Dna Sequencing And Determining Order Of Nucleotides Biology
DNA sequencing refers to the determination of the exact order of nucleotide bases in a molecule of DNA. DNA sequence is crucial for any biological research. Sequences of nucleotides can be determined by the locations of the labelled nuceleotides. The DNA fragments are then separated by gel electrophoresis which are then analysed using different methods of sequence analysis. Such sequence analysis methods include, Sanger dideoxy chain termination, Maxam-Gilbert method. Sanger dideoxy chain termination sequence is the most common method to determine the exact nucleotide sequence. The DNA strand is used as a template which is a strand of DNA which sets the genetic sequence of new strands. DNA polymerase is also used to generate complimentary strands using primers. Primers are strand of nucleic acid that provides as a starting point for DNA replication. Four different PCR reaction mixtures are prepared. Each will contain a percentage of dideoxynucleoside triphosphate (ddNTP) analogs which are building blocks of DNA, to one of the four nucleotides which are ATP, CTP, GTP or TTP. Radio lableld primer is added. ddNTP do not contain 3'-OH group, this prevents the formation of a phosphodiester bond with the nucleotide at 3'end.
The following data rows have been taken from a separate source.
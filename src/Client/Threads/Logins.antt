-- ===== src/Client/Threads/Logins.antt =====
-- Several goroutines in `Do`, under any scheduler: what they send.
use provider_strapi.Prelude.{List, ◌∷◌, refl, ◌∙◌, arith, All, All-set, All-get_elem?}
use provider_strapi.Client.{Http, Json}
use provider_strapi.Client.Trace.{Logged, logged}
use provider_strapi.Client.Threads.{Event, advance, System, Step, pick, Run, here, next}
use provider_strapi.Client.Threads.Account.{
  none_sent, HoldsToken, Account, Sent-client, Sent-trans, losses-cons, calls-cons,
}
use provider_strapi.Client.Threads.Moves.{advance-Moved}

module _ (json : Json) {N : Type 0} (http : Http N) where
  Step-Account :
      (s t u : System (Logged N)) (events : List Event) (e : Event)
      → Account json s events t
      → Step json (logged http) t e u
      → Account json s (e ∷ events) u
  Step-Account s t _ events _ a (pick i th q k) =
      let m =
        advance-Moved json http th.call th.phase t.session
          (All-get_elem? HoldsToken t.threads i th a.holds q) k in
      let e = (advance json (logged http) th.call th.phase t.session).1 in
      let (l, c, sent, p, r) =
        Sent-trans s.session.client s.session.net.sent t.session.net.sent a.logins a.api_calls
          m.logins m.api_calls _ a.sent
          (Sent-client t.session.client s.session.client t.session.net.sent m.logins m.api_calls _
            a.same_client m.sent) in
      record {
        same_client = m.same_client ∙ a.same_client;
        holds = All-set HoldsToken t.threads i _ a.holds m.holds;
        logins = l;
        api_calls = c;
        sent = sent;
        logins-le = omega (arith, p, a.logins-le, m.logins-le, losses-cons e events);
        api_calls-le = omega (arith, r, a.api_calls-le, m.api_calls-le, calls-cons e events);
      }

  -- Under any scheduler and whatever the server answers, goroutines that start `Do` on one client send
  -- logins and calls alone, the calls with a token that is not empty, and never change the client but
  -- for its token. There is at most one login for a client that starts without a token, and one more for
  -- each token that was thrown away and each login that failed; and at most one call for each time that
  -- a goroutine reached the call.
  pub Run-Account :
      (s t : System (Logged N)) (events : List Event)
      → All HoldsToken s.threads
      → Run json (logged http) s events t
      → Account json s events t
  Run-Account s _ _ h here = record {
    same_client = refl;
    holds = h;
    logins = 0;
    api_calls = 0;
    sent = none_sent;
    logins-le = omega arith;
    api_calls-le = omega arith;
  }
  Run-Account s u _ h (next events e t _ r st) =
      Step-Account s t u events e (Run-Account s t events h r) st
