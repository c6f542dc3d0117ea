-- ===== src/Controller.antt =====
-- internal/controller: the controllers and their registration.
pub mod External
pub mod Connector
pub mod Requests
pub mod Setup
DNA strands are produced until one of the analogs is included by which the strand is cut. Different lengths of DNA strands will be contained in PCR reactions. The PCR reaction will end with nucleotide which was dideoxylabeled for that specific reaction. Gel electrophoresis is then used to separate the fragments. The sequence of the original template is then determined based on what lengths of strands end with what nucleotide. Presence of fragments can be visualised by using autoradiography.
Sequences of an amino acid of a protein which is encoded by a cloned gene is compared to proteins of known function. With such comparison similarity in sequences can be determined which will then lead to knowing the function of the encoded protein. Amino acid sequence can be found by using automated DNA sequencing. Automated DNA sequencing is a modification of the dideoxy chain termination method. It is carried out by the chain termination procedure. Automated DNA sequencing fluorescent dyes for the detection of the electrophoretically resolved DNA fragments (Rosenblum, Lee, et al., 1997). Fluorescent dyes are used to label DNA fragments which fluoresce when a laser hits them. Fluorescently labelled chain terminators are used such as ddTTP, ddATP, ddGTP and ddCTP. These fluorescent labels are attached to the dideoxynuclotide. Each chain terminated molecule carries a single label at its 3'. The fluorophore has four different colours which are used to label each of the four bases. The fluorescent emissions are collected and the wavelength of the specific colour is determined. Random dye-terminator incorporation makes certain of complete sequencing. The use of thermal cycling and a vector base primer makes this quick and efficient. The strands are separated by PAGE. Fluorescene detectors record each band as it migrates through the gel. Fluorescent signals are detected using an imaging system. The products are loaded into a single well of a polyacrylamide gel which is then runned past the fluorescence detector. The fluorescence detector identifies the fluorescent signal emitted by each band and saves the information on the computer. Advantages of automated sequencing is that fluorescent dye is not a hazardous chemical and is used instead of radioactive isotope. It presents more reliable results, fast and efficient. Moreover, sequence data is directly fed and stored into a computer, etc.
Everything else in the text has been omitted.